* [Instructions for the task]: Once the line containing "(λ xs a. xs ++ (((s.weapons" is found in the entries below, reproduce it and every line after it, stopping at and including the line containing "let rest = shields_from_list"; reproduce nothing else, and keep each line exact.

#####

-- ===== src/Ai/Buy.antt =====
-- The buyers of sai/saibuy.c.
use mathlib.Core.List.{reverse}
use xscorch.Prelude.{
  ℕ, zero, suc, List, [], ◌∷◌, ◌++◌, Bool, true, false, ◌&&◌, ◌||◌, Option, none, some,
  if◌then◌else◌, length, map,
}
use xscorch.Prelude.Int.{ℤ, pos, ◌+ℤ◌, ◌-ℤ◌, ◌/ℤ◌, ltb_ℤ}
use xscorch.Items.{WeaponInfo, AccessoryInfo, accessory_is_shield}
use xscorch.Player.{Player}
use xscorch.Inventory.{stock, can_buy_weapon, can_buy_accessory}
use xscorch.Goods.{weapon_goods, accessory_goods, limit_all, count, first, lookup}
use xscorch.Goods.Folds.{fold_goods, find_good}
use xscorch.Ai.{
  Shop, Market, Judgement, all_forward, all_reverse, buy_max_of_weapon, inventory_high,
  max_batteries, accessory_is_auto_def, accessory_is_trigger, accessory_is_battery, purchase_weapon,
  purchase_accessory, sort_outer,
}

-- The two exchanges of the integer scores of shields, by sums and differences.
unfoldable pub exchange_ints : ℤ → ℤ → ℤ × ℤ
exchange_ints x y = let x' = x +ℤ y in let y' = x' -ℤ y in (x' -ℤ y', y')

module _ {Score : Type 0} (judgement : Judgement Score) (market : Market) (place : ℤ → ℕ)
    (fuel : ℕ) where
  -- Whether to buy a weapon that is looked at, and its purchase.
  unfoldable pub try_weapon : (Player → WeaponInfo → Bool) → Shop → ℕ → Shop
  unfolding purchase_weapon
  try_weapon wanted s a =
      if can_buy_weapon s.p (some (s.weapons a)) s.budget && wanted s.p (s.weapons a)
      then purchase_weapon s a
      else s

  -- A loop over all weapons. There is memory for the walk that counts them; the source counts once
  -- for several loops, of which none changes the count.
  unfoldable pub every_weapon {ν} : {S : Type ν} → ℕ → (S → ℕ → S) → Shop → S → Option S
  unfolding fold_goods
  every_weapon flags step s start =
      elim (count (weapon_goods s.weapons) market.weapon_config true fuel limit_all) [
        | none ↦ none
        | some rounds ↦
            fold_goods (weapon_goods s.weapons) market.weapon_config place fuel flags step rounds
              (first (weapon_goods s.weapons) market.weapon_config fuel flags) start
      ]

  unfoldable pub every_accessory {ν} : {S : Type ν} → ℕ → (S → ℕ → S) → Shop → S → Option S
  unfolding fold_goods
  every_accessory flags step s start =
      elim (count (accessory_goods s.accessories) market.accessory_config true fuel limit_all) [
        | none ↦ none
        | some rounds ↦
            fold_goods (accessory_goods s.accessories) market.accessory_config place fuel flags step
              rounds (first (accessory_goods s.accessories) market.accessory_config fuel flags)
              start
      ]

  -- A loop over the accessories that ends at the first that passes a test.
  unfoldable pub find_accessory : ℕ → (AccessoryInfo → Bool) → Shop → Option (Option ℕ)
  unfolding find_good
  find_accessory flags test s =
      elim (count (accessory_goods s.accessories) market.accessory_config true fuel limit_all) [
        | none ↦ none
        | some rounds ↦
            find_good (accessory_goods s.accessories) market.accessory_config place fuel flags
              (λ a. test (s.accessories a)) rounds
              (first (accessory_goods s.accessories) market.accessory_config fuel flags)
      ]

  -- Such a loop that buys the accessory, and returns.
  unfoldable pub buy_first : ℕ → (AccessoryInfo → Bool) → Shop → Option Shop
  unfolding find_accessory purchase_accessory
  buy_first flags wanted s =
      elim (find_accessory flags (λ info. can_buy_accessory s.p (some info) s.budget && wanted info)
        s) [
          | none ↦ none
          | some found ↦ elim found [ none ↦ some s | some a ↦ some (purchase_accessory s a) ]
        ]

  -- The outer loop, from the rounds left.
  unfoldable pub last_weapons : ℕ → Shop → Option Shop
  unfolding every_weapon try_weapon
  last_weapons zero s = some s
  last_weapons (suc outer) s = elim (every_weapon all_reverse (try_weapon judgement.deadly) s s) [
    | none ↦ none
    | some s' ↦ last_weapons outer s'
  ]

  unfoldable pub buy_last_weapons : Shop → Option Shop
  unfolding last_weapons
  buy_last_weapons s = last_weapons buy_max_of_weapon s

  unfoldable pub buy_auto_defense : Shop → Option Shop
  unfolding buy_first
  buy_auto_defense s =
      if market.synchronous then some s else buy_first all_forward accessory_is_auto_def s

  unfoldable pub buy_contact_triggers : Shop → Option Shop
  unfolding buy_first
  buy_contact_triggers s =
      if market.tunneling then buy_first all_forward accessory_is_trigger s else some s

  unfoldable pub buy_last_shields : Shop → Option Shop
  unfolding buy_first
  buy_last_shields s = buy_first all_reverse accessory_is_shield s

  -- `sc_player_battery_count`
  unfoldable pub batteries_held : Shop → Option ℤ
  unfolding find_accessory
  batteries_held s =
      elim (find_accessory limit_all
        (λ info. accessory_is_battery info && ltb_ℤ (pos 0) (stock info.inventories s.p.index)) s) [
          | none ↦ none
          | some found ↦ elim found [
            | none ↦ some (pos 0)
            | some a ↦ some (stock (s.accessories a).inventories s.p.index)
          ]
        ]

  unfoldable pub buy_batteries : Shop → Option Shop
  unfolding buy_first batteries_held
  buy_batteries s = elim (batteries_held s) [
    | none ↦ none
    | some held ↦
        buy_first all_forward (λ info. accessory_is_battery info && ltb_ℤ held max_batteries) s
  ]

  -- It returns before it buys anything.
  unfoldable pub buy_shield_sappers : Shop → Option Shop
  buy_shield_sappers s = some s

  -- A pass over the list from its end; `others` says that it is not the first pass.
  unfoldable pub weapons_pass : Bool → List ℤ → Shop → Shop
  unfolding try_weapon
  weapons_pass others [] s = s
  weapons_pass others (ident ∷ ordering) s =
      let bought : Shop =
        elim (lookup (weapon_goods s.weapons) market.weapon_config place ident limit_all) [
          | none ↦ s
          | some a ↦
              try_weapon
                (λ p info.
                  judgement.yields p info
                  && (others
                      || ltb_ℤ (stock info.inventories p.index /ℤ info.bundle) inventory_high))
                s a
        ] in
      weapons_pass others ordering bought

  unfoldable pub weapons_from_list : List ℤ → Shop → Shop
  unfolding weapons_pass
  weapons_from_list ordering s =
      weapons_pass true (reverse ordering)
        (weapons_pass true (reverse ordering) (weapons_pass false (reverse ordering) s))

  -- The idents of the weapons in the order of their scores.
  unfoldable pub weapon_ordering : (Player → WeaponInfo → Score) → Shop → Option (List ℤ)
  unfolding every_weapon sort_outer
  weapon_ordering statistic s =
      elim (every_weapon {S = List (ℤ × Score)} all_forward
        (λ xs a. xs ++ (((s.weapons a).ident, statistic s.p (s.weapons a)) ∷ [])) s []) [
          | none ↦ none
          | some scores ↦ some (
              map (λ x. x.0)
                (sort_outer judgement.above judgement.exchanged (length scores) 0 scores))
        ]

  unfoldable pub buy_by_statistic : (Player → WeaponInfo → Score) → Shop → Option Shop
  unfolding weapon_ordering weapons_from_list
  buy_by_statistic statistic s =
      if market.memory
      then (elim (weapon_ordering statistic s) [
        | none ↦ none
        | some ordering ↦ some (weapons_from_list ordering s)
      ])
      else some s

  -- The shields from the end of the list on; the first that can be bought is.
  unfoldable pub shields_from_list : List ℤ → Shop → Option Shop
  unfolding purchase_accessory
  shields_from_list [] s = some s
  shields_from_list (ident ∷ ordering) s =
      let rest = shields_from_list ordering s in
      elim (lookup (accessory_goods s.accessories) market.accessory_config place ident limit_all) [
        | none ↦ none
        | some a ↦
            if accessory_is_shield (s.accessories a)
              && can_buy_accessory s.p (some (s.accessories a)) s.budget
            then some (purchase_accessory s a)
            else rest
      ]

  -- The idents of the accessories in the order of their shields.
  unfoldable pub shield_ordering : Shop → Option (List ℤ)
  unfolding every_accessory sort_outer
  shield_ordering s =
      elim (every_accessory {S = List (ℤ × ℤ)} all_forward
        (λ xs a. xs ++ (((s.accessories a).ident, (s.accessories a).shield) ∷ [])) s []) [
          | none ↦ none
          | some scores ↦ some (
              map (λ x. x.0) (sort_outer (λ x y. ltb_ℤ y x) exchange_ints (length scores) 0 scores))
        ]

  unfoldable pub buy_best_shields : Shop → Option Shop
  unfolding shield_ordering shields_from_list
  buy_best_shields s =
      if market.memory
      then (elim (shield_ordering s) [
        | none ↦ none
        | some ordering ↦ shields_from_list (reverse ordering) s
      ])
      else some s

#####

* [Response to this task]:
        (λ xs a. xs ++ (((s.weapons a).ident, statistic s.p (s.weapons a)) ∷ [])) s []) [
          | none ↦ none
          | some scores ↦ some (
              map (λ x. x.0)
                (sort_outer judgement.above judgement.exchanged (length scores) 0 scores))
        ]

  unfoldable pub buy_by_statistic : (Player → WeaponInfo → Score) → Shop → Option Shop
  unfolding weapon_ordering weapons_from_list
  buy_by_statistic statistic s =
      if market.memory
      then (elim (weapon_ordering statistic s) [
        | none ↦ none
        | some ordering ↦ some (weapons_from_list ordering s)
      ])
      else some s

  -- The shields from the end of the list on; the first that can be bought is.
  unfoldable pub shields_from_list : List ℤ → Shop → Option Shop
  unfolding purchase_accessory
  shields_from_list [] s = some s
  shields_from_list (ident ∷ ordering) s =
      let rest = shields_from_list ordering s in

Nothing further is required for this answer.